South Jersey Industries Form 8-K dated August 22, 2006

Washington, D. C. 20549


Pursuant to Section 13 or 15(d) of
the Securities Exchange Act of 1934

Date of Report
(Date of earliest event reported)
August 22, 2006

(Exact name of registrant as specified in its charter)

New Jersey
(State of incorporation)
( Commission File Number)
(IRS employer identification no.)

1 South Jersey Plaza, Folsom, New Jersey 08037
(Address of principal executive offices, including zip code)

(609) 561-9000
(Registrant’s telephone number, including area code)

Check the appropriate box below if the Form 8-K filing is intended to simultaneously satisfy the filing obligation of the registrant under any of the following provisions:

Written communications pursuant to Rule 425 under the Securities Act (17 CFR 230.425)
Soliciting material pursuant to Rule 14a-12 under the Exchange Act (17 CFR 240.14a-12)
Pre-commencement communications pursuant to Rule 14d-2(b) under the Exchange Act (17 CFR 240.14d-2(b))
Pre-commencement communications pursuant to Rule 13e-4(c) under the Exchange Act (17 CFR 240.13e-4(c))

Item 1.01. Entry into a Material Definitive Agreement.

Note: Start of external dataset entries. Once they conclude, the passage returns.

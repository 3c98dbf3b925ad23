-- ===== src/FramedServer.antt =====
-- Protocols/Framing/Server/ChatServer.cpp: the server, its sessions and the broadcast.
-- A session is reached through a pointer: `sessions` is the store, `clients` is `m_clients`. The
-- results of the system's calls are arguments.
pub mod Broadcast
pub mod Relay
pub mod Debts
pub mod Relayed
pub mod Sent
pub mod Oversized
pub mod Lifecycle
use tcp_simple_chat.Base.{
  update, ℕ, zero, suc, ◌+◌, List, [], ◌∷◌, ◌++◌, map, Bool, true, false, not, ◌&&◌, Option, none,
  some, length, ◌==◌, if◌then◌else◌,
}
use tcp_simple_chat.FramedSession
use tcp_simple_chat.FramedSession.{Message, Session, send_msg, waits, returns}

pub record Server : Type 0 where
  pub running : Bool
  -- `none` is INVALID_SOCKET
  pub listen_sockets : List (Option ℕ)
  -- the threads of `AcceptClients`, by their sockets
  pub accept_threads : List (Option ℕ)
  pub clients : List ℕ
  pub sessions : ℕ → Session

-- The body of the first loop of `BroadcastMsg`: the sessions but the sender's.
unfoldable pub snapshot : ℕ → List ℕ → List ℕ
snapshot sender [] = []
snapshot sender (p ∷ ps) =
    let rest = snapshot sender ps in if not (p == sender) then p ∷ rest else rest

-- `BroadcastMsg` returned, or it waits in `SendMsg` of a session, before the rest of the snapshot.
pub data Delivery : Type 0 where
  delivered : (ℕ → Session) → Delivery
  stuck : ℕ → List ℕ → (ℕ → Session) → Delivery

unfoldable pub deliver : List ℕ → Message → (ℕ → Session) → Delivery
deliver [] msg h = delivered h
deliver (p ∷ ps) msg h = elim (send_msg (h p) msg) [
  | waits ↦ stuck p ps h
  | returns s ↦ deliver ps msg (update h p s)
]

unfoldable pub broadcast_msg : Server → Message → ℕ → Delivery
unfolding snapshot
broadcast_msg server msg sender = deliver (snapshot sender server.clients) msg server.sessions

-- A round of `AcceptClients`: what `accept` returns, and where the new session is allocated.
unfoldable pub accept_client : Server → Option ℕ → ℕ → Server
accept_client server none p = server
accept_client server (some s) p = record server {
  clients = server.clients ++ (p ∷ []);
  sessions = update server.sessions p (FramedSession.start (FramedSession.make s));
}

-- `Start` returned with a message, or it runs. `created` are the results of
-- `CreateListeningSocket` for the configured addresses, in order.
pub data Started : Type 0 where
  no_winsock : Started
  no_sockets : Server → Started
  runs : Server → Started

unfoldable pub start : Server → ℕ → List (Option ℕ) → Started
start server startup created =
    if not (startup == 0)
    then no_winsock
    else let sockets = server.listen_sockets ++ created in
      if length sockets == 0
      then no_sockets server
      else runs (record server {
        listen_sockets = sockets;
        running = true;
        accept_threads = server.accept_threads ++ sockets;
      })

unfoldable pub stop_all : List ℕ → (ℕ → Session) → ℕ → Session
stop_all [] h = h
stop_all (p ∷ ps) h = stop_all ps (update h p (FramedSession.stop (h p)))

unfoldable pub stop : Server → Server
unfolding stop_all
stop server = record server {
  running = false;
  listen_sockets = [];
  accept_threads = [];
  sessions = stop_all server.clients server.sessions;
  clients = [];
}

The disclosure required by this Item are set forth in Item 2.03 below, which is incorporated herein by reference thereto.

Item 2.03. Creation of a Direct Financial Obligation.

On August 22, 2006, South Jersey Industries, Inc. (SJI) entered into a 5-year, $200 million revolving credit agreement with various lenders and Wachovia Bank, National Association as Administrative Agent. In addition to Wachovia, other lenders party to the credit facility are Citizens Bank of Pennsylvania; J.P. Morgan Chase Bank, N.A.; PNC Bank, National Association; Bank of America, N.A.; Commerce Bank, N.A.; Citibank, F.S.B; and The Bank of New York. The new revolving credit replaces a previous $60 million revolving credit that was due to expire on August 21, 2007 and a $46 million facility for letters of credit that were issued to provide liquidity support for variable rate demand bonds.  That facility was due to expire on September 19, 2007. Those facilities were terminated upon the establishment of the new revolving credit.

Terms and conditions of the new revolving credit are generally more favorable to SJI than were those contained in the previous credit facilities. The new facility includes pricing that varies based upon the unsecured senior debt ratings of SJI and its subsidiaries, and contains one financial covenant ratio that requires the maintenance of a debt to capitalization ratio of not more than 0.65 to 1.00. The revolving credit is available to repay outstanding debt under the previous revolver, to issue letters of credit, to provide for working capital needs and for general corporate purposes.

Item 9.01. Financial Statements and Exhibits.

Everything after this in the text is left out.